I have a csv data file with 18 million rows with the following data fields: Person ID, Date and Value. It's basically from a simulation model and is simulating the contributions a person makes into their savings accounts, e.g.:
1,28/02/2013,19.49
2,13/03/2013,16.68
3,15/03/2013,20.34
2,10/01/2014,28.43
3,12/06/2014,38.13
1,29/08/2014,68.46
1,20/12/2013,20.51
So, as you can see, there can be multiple IDs in the data but each date and contribution amount for a person is unique.
I would like to transform this so I have a contribution history by year for each person. So for example the above would become:
ID,2013,2014
1,40.00,68.46
2,16.68,28.43
3,20.34,38.13
I have a rough idea how I could approach the problem: create another column of data with just the years and then summarise by ID and year to add up all contributions that fit into each ID/year bucket. I just have no clue how to even begin translating that into an R script.
Any pointers/guidance would be most appreciated.
Many Thanks and Kind Regards.

Here are a few possibilities:
zoo package read.zoo in the zoo package can produce a multivariate time series one column per series, i.e. one column per ID. We define yr to get the year from the index column and then split on the ID using the split= argument as we read it in. We use aggregate=sum to aggregate over the remaining columns -- here just one. We use text = Lines to keep the code below self contained but with a real file we would replace that with "myfile", say. The final line transposes the result. We could drop that line if it were OK to have persons in columns instead of rows.
Lines <- "1,28/02/2013,19.49
2,13/03/2013,16.68
3,15/03/2013,20.34
2,10/01/2014,28.43
3,12/06/2014,38.13
1,29/08/2014,68.46
1,20/12/2013,20.51
"
library(zoo)
# given a Date string, x, output the year
yr <- function(x) floor(as.numeric(as.yearmon(x, "%d/%m/%Y")))
# read in data, reshape & aggregate
z <- read.zoo(text = Lines, sep = ",", index = 2, FUN = yr,
aggregate = sum, split = 1)
# transpose (optional)
tz <- data.frame(ID = colnames(z), t(z), check.names = FALSE)

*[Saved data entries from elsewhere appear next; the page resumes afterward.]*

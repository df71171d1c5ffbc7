-- ===== src/Pool/Heads.antt =====
-- The heads that a pool delivers: `poll` of pool/pool.go and the receiver of its channel.
use stateless_executor.Prelude.{
  ℕ, suc, ◌≤◌, ◌<◌, ◌≡◌, refl, List, [], ◌∷◌, ◌++◌, foldl, length, length-append, ltb, ltb→lt,
  arith, append_assoc, Bool-cases, inl, inr,
}
use stateless_executor.Prelude.Errors.{Result, ok, err, panic}
use stateless_executor.Prelude.Text.{Text, text_eq}
use stateless_executor.Pool.{Pool, fresh, heads_capacity, next, offer, saw, poll}

-- A tick of the poller, with what the nodes answer then, or a receive from the channel.
pub data Event : Type 0 where
  ticked : (Text → Result ℕ) → Event
  received : Event

-- The pool and the heads that its receiver has taken.
pub record Run : Type 0 where
  pub taken : List ℕ
  pub pool : Pool

-- A receive from an empty channel waits: nothing happens.
abbrev pub take_head : Run → List ℕ → Run
take_head r [] = r
take_head r (n ∷ ns) = record { taken = r.taken ++ (n ∷ []); pool = record r.pool { heads = ns } }

abbrev pub act : Run → Event → Run
act r (Event.ticked answer) = record { taken = r.taken; pool = poll answer r.pool }
act r Event.received = take_head r r.pool.heads

abbrev pub start : List Text → Run
start nodes = record { taken = []; pool = fresh nodes }

-- Strictly ascending, all above `low` and at most `high`.
abbrev pub IsRising : ℕ → List ℕ → ℕ → Type 0
IsRising low [] high = low ≤ high
IsRising low (n ∷ ns) high = (low < n) × IsRising n ns high

IsRising-weaken :
    (low : ℕ) (ns : List ℕ) (high high' : ℕ)
    → high ≤ high'
    → IsRising low ns high
    → IsRising low ns high'
IsRising-weaken low [] high high' h r = omega arith
IsRising-weaken low (n ∷ ns) high high' h (a, r) = (a, IsRising-weaken n ns high high' h r)

IsRising-snoc :
    (low : ℕ) (ns : List ℕ) (high n : ℕ)
    → high < n
    → IsRising low ns high
    → IsRising low (ns ++ (n ∷ [])) n
IsRising-snoc low [] high n h r = (omega arith, omega arith)
IsRising-snoc low (m ∷ ns) high n h (a, r) = (a, IsRising-snoc m ns high n h r)

-- What holds of a run at all times.
abbrev pub IsOrderly : Run → Type 0
IsOrderly r =
    IsRising 0 (r.taken ++ r.pool.heads) r.pool.seen × (length r.pool.heads ≤ heads_capacity)

abbrev holding : List ℕ → Pool → Run
holding taken p = record { taken = taken; pool = p }

offer-IsRising :
    (low : ℕ) (taken heads : List ℕ) (high n : ℕ)
    → high < n
    → IsRising low (taken ++ heads) high
    → length heads ≤ heads_capacity
    → IsRising low (taken ++ offer n heads) n × (length (offer n heads) ≤ heads_capacity)
unfolding offer
offer-IsRising low taken heads high n h r k =
    elim (Bool-cases (ltb (length heads) heads_capacity)) [
      | inl room ↦
          let room' = ltb→lt (length heads) heads_capacity room in
          rw room (
            rw append_assoc at (IsRising-snoc low (taken ++ heads) high n h r),
            omega (arith, length-append heads (n ∷ [])),
          )
      | inr full ↦ rw full (IsRising-weaken low (taken ++ heads) high n (omega arith) r, k)
    ]

saw-IsOrderly :
    (taken : List ℕ) (p : Pool) (n : ℕ)
    → IsOrderly (holding taken p)
    → IsOrderly (holding taken (saw p n))
unfolding saw
saw-IsOrderly taken p n (r, k) = elim (Bool-cases (ltb p.seen n)) [
  | inl newer ↦ rw newer (offer-IsRising 0 taken p.heads p.seen n (ltb→lt p.seen n newer) r k)
  | inr older ↦ rw older (r, k)
]

next_keeps : (p : Pool) → ((next p).1.heads ≡ p.heads) × ((next p).1.seen ≡ p.seen)
unfolding next
next_keeps p = ground arith

next-IsOrderly :
    (taken : List ℕ) (p : Pool) → IsOrderly (holding taken p) → IsOrderly (holding taken (next p).1)
next-IsOrderly taken p v = let (a, b) = next_keeps p in rw (a, b) v

poll-IsOrderly :
    (taken : List ℕ) (answer : Text → Result ℕ) (p : Pool)
    → IsOrderly (holding taken p)
    → IsOrderly (holding taken (poll answer p))
unfolding poll
poll-IsOrderly taken answer p v = elim (Bool-cases (text_eq (next p).0 [])) [
  | inl nobody ↦ rw nobody (next-IsOrderly taken p v)
  | inr somebody ↦ rw somebody (answered (answer (next p).0))
]
  where
    answered :
        (a : Result ℕ)
        → IsOrderly (holding taken (elim a [ ok num ↦ saw (next p).1 num | _ ↦ (next p).1 ]))
    answered (ok num) = saw-IsOrderly taken (next p).1 num (next-IsOrderly taken p v)
    answered (err e) = next-IsOrderly taken p v
    answered panic = next-IsOrderly taken p v

take_head-IsOrderly :
    (r : Run) (ns : List ℕ) → r.pool.heads ≡ ns → IsOrderly r → IsOrderly (take_head r ns)
take_head-IsOrderly r [] e v = v
take_head-IsOrderly r (n ∷ ns) e (a, k) =
    (rw (append_assoc r.taken (n ∷ []) ns) (rw e at a), shorter (rw e at k))
  where
    shorter : suc (length ns) ≤ heads_capacity → length ns ≤ heads_capacity
    shorter h = omega arith

-- Every event keeps the run orderly.
act-IsOrderly : (r : Run) (e : Event) → IsOrderly r → IsOrderly (act r e)
act-IsOrderly r (Event.ticked answer) v = poll-IsOrderly r.taken answer r.pool v
act-IsOrderly r Event.received v = take_head-IsOrderly r r.pool.heads refl v

acts-IsOrderly : (events : List Event) (r : Run) → IsOrderly r → IsOrderly (foldl act r events)
acts-IsOrderly [] r v = v
acts-IsOrderly (e ∷ events) r v = acts-IsOrderly events (act r e) (act-IsOrderly r e v)

-- From a fresh pool on, whatever the nodes answer and whenever heads are received: the heads that
-- were received and those in the channel strictly ascend, no head is above the newest that was
-- seen, and the channel holds at most 32.
pub start-IsOrderly :
    (nodes : List Text) (events : List Event) → IsOrderly (foldl act (start nodes) events)
start-IsOrderly nodes events = acts-IsOrderly events (start nodes) (omega arith, omega arith)
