-- ===== src/Pool/Startup.antt =====
-- New of pool/pool.go: which nodes a pool starts with, and when it gives up.
use stateless_executor.Prelude.{
  ℕ, zero, suc, ◌+◌, ◌<◌, ◌≡◌, ◌≢◌, refl, sym, ap, Bool, true, List, [], ◌∷◌, arith, All,
  Bool-cases, inl, inr,
}
use mathlib.Core.Path.{subst}
use stateless_executor.Prelude.Errors.{ok, err}
use stateless_executor.Prelude.Text.{Text}
use stateless_executor.Pool.{Pool, fresh, healthy, no_nodes, attempts, new}

healthy-All :
    (probes : Text → Bool) (urls : List Text) → All (λ u. probes u ≡ true) (healthy probes urls)
unfolding healthy
healthy-All probes [] = tt
healthy-All probes (u ∷ urls) = elim (Bool-cases (probes u)) [
  | inl good ↦ rw good (good, healthy-All probes urls)
  | inr bad ↦ rw bad (healthy-All probes urls)
]

module _ (arrivals : ℕ → List Text) (probes : ℕ → Text → Bool) where
  -- The nodes that pass in an attempt.
  abbrev pub found : ℕ → List Text
  found k = healthy (probes k) (arrivals k)

  -- No node passes in the attempts from `attempt` on, `n` of them.
  abbrev pub IsSilent : ℕ → ℕ → Type 0
  IsSilent attempt zero = Unit
  IsSilent attempt (suc n) = (found attempt ≡ []) × IsSilent (attempt + 1) n

  -- A start that succeeds in attempt `attempt + k`.
  pub record Started (attempt left : ℕ) (p : Pool) : Type 0 where
    pub waited : ℕ
    pub waited_less : waited < left
    pub silent : IsSilent attempt waited
    pub found_some : found (attempt + waited) ≢ []
    pub all_pass : All (λ u. probes (attempt + waited) u ≡ true) p.nodes
    pub shape : p ≡ fresh (found (attempt + waited))

  Started-now :
      (attempt left : ℕ) (n : Text) (ns : List Text)
      → found attempt ≡ n ∷ ns
      → Started attempt (suc left) (fresh (n ∷ ns))
  Started-now attempt left n ns e =
      let at : attempt + 0 ≡ attempt = omega arith in
      record {
        waited = 0;
        waited_less = omega arith;
        silent = tt;
        found_some = rw at (λ none_found. cc);
        all_pass =
            subst (λ (k : ℕ). All (λ u. probes k u ≡ true) (n ∷ ns)) (sym at)
              (rw e at (healthy-All (probes attempt) (arrivals attempt)));
        shape = rw at (ap fresh (sym e));
      }

  Started-later :
      (attempt left : ℕ) {p : Pool}
      → found attempt ≡ []
      → Started (attempt + 1) left p
      → Started attempt (suc left) p
  Started-later attempt left e s =
      let at : attempt + suc s.waited ≡ attempt + 1 + s.waited = omega arith in
      record {
        waited = suc s.waited;
        waited_less = omega (arith, s.waited_less);
        silent = (e, s.silent);
        found_some = rw at s.found_some;
        all_pass = rw at s.all_pass;
        shape = rw at s.shape;
      }

  Started-step :
      (attempt left : ℕ) (nodes : List Text) {p : Pool}
      → found attempt ≡ nodes
      → (attempts arrivals probes (attempt + 1) left ≡ ok p → Started (attempt + 1) left p)
      → elim nodes [
        | [] ↦ attempts arrivals probes (attempt + 1) left
        | (n ∷ ns) ↦ ok (fresh (n ∷ ns))
      ]
        ≡ ok p
      → Started attempt (suc left) p
  Started-step attempt left [] e later made = Started-later attempt left e (later made)
  Started-step attempt left (n ∷ ns) {p} e later made =
      let same : fresh (n ∷ ns) ≡ p = cc made in rw (← same) (Started-now attempt left n ns e)

  attempts-Started :
      (attempt left : ℕ) {p : Pool}
      → attempts arrivals probes attempt left ≡ ok p
      → Started attempt left p
  unfolding attempts
  attempts-Started attempt zero e = cc
  attempts-Started attempt (suc left) e =
      Started-step attempt left (found attempt) refl (attempts-Started (attempt + 1) left) e

  attempts-IsSilent :
      (attempt left : ℕ)
      → IsSilent attempt left
      → attempts arrivals probes attempt left ≡ err no_nodes
  unfolding attempts
  attempts-IsSilent attempt zero s = refl
  attempts-IsSilent attempt (suc left) (e, s) =
      rw (attempts, e) (attempts-IsSilent (attempt + 1) left s)

  pub new-Started : {p : Pool} → new arrivals probes ≡ ok p → Started 1 60 p
  unfolding new
  new-Started e = attempts-Started 1 60 e

  -- If no node passes in any of the 60 attempts, New fails.
  pub new-IsSilent : IsSilent 1 60 → new arrivals probes ≡ err no_nodes
  unfolding new
  new-IsSilent s = attempts-IsSilent 1 60 s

With the posted data we get the following result:
> tz
ID 2013 2014
1 1 40.00 68.46
2 2 16.68 28.43
3 3 20.34 38.13
See ?read.zoo and also the zoo-read vignette.
reshape2 package Here is a second solution using the reshape2 package:
library(reshape2)
# read in and fix up column names and Year
DF <- read.table(text = Lines, sep = ",") ##
colnames(DF) <- c("ID", "Year", "Value") ##
DF$Year <- sub(".*/", "", DF$Year) ##
dcast(DF, ID ~ Year, fun.aggregate = sum, value.var = "Value")
The result is:
ID 2013 2014
1 1 40.00 68.46
2 2 16.68 28.43
3 3 20.34 38.13
reshape function Here is a solution that does not use any addon packages. First read in the data using the three lines marked ## in the last solution. This will produce DF. Then aggregate the data, reshape it from long to wide form and finally fix up the column names:
Ag <- aggregate(Value ~., DF, sum)
res <- reshape(Ag, direction = "wide", idvar = "ID", timevar = "Year")
colnames(res) <- sub("Value.", "", colnames(res))
which produces this:
> res
ID 2013 2014
1 1 40.00 68.46
2 2 16.68 28.43
3 3 20.34 38.13
tapply function. This solution does not use addon packages either. Using Ag from the last solution try this:
tapply(Ag$Value, Ag[1:2], sum)
UPDATES: minor improvements and 3 additional solutions.

The approach you describe is a sound one. Translating the date string back and forth from string to date and back can be done using strptime and strftime (possible as.POSIXct. Once you have the year column, you can use a number of tools available in R, e.g. data.table, by, or ddply. I like the syntax of the last one:
library(plyr)
ddply(df, .(ID, year), summarise, total_per_year = sum(value))
This assumes that your base date is in df, and that the columns in your data are called year, ID and value. Do note that for large datasets ddply can become quite slow. If you really need raw performance, you definitely want to start working with data.table.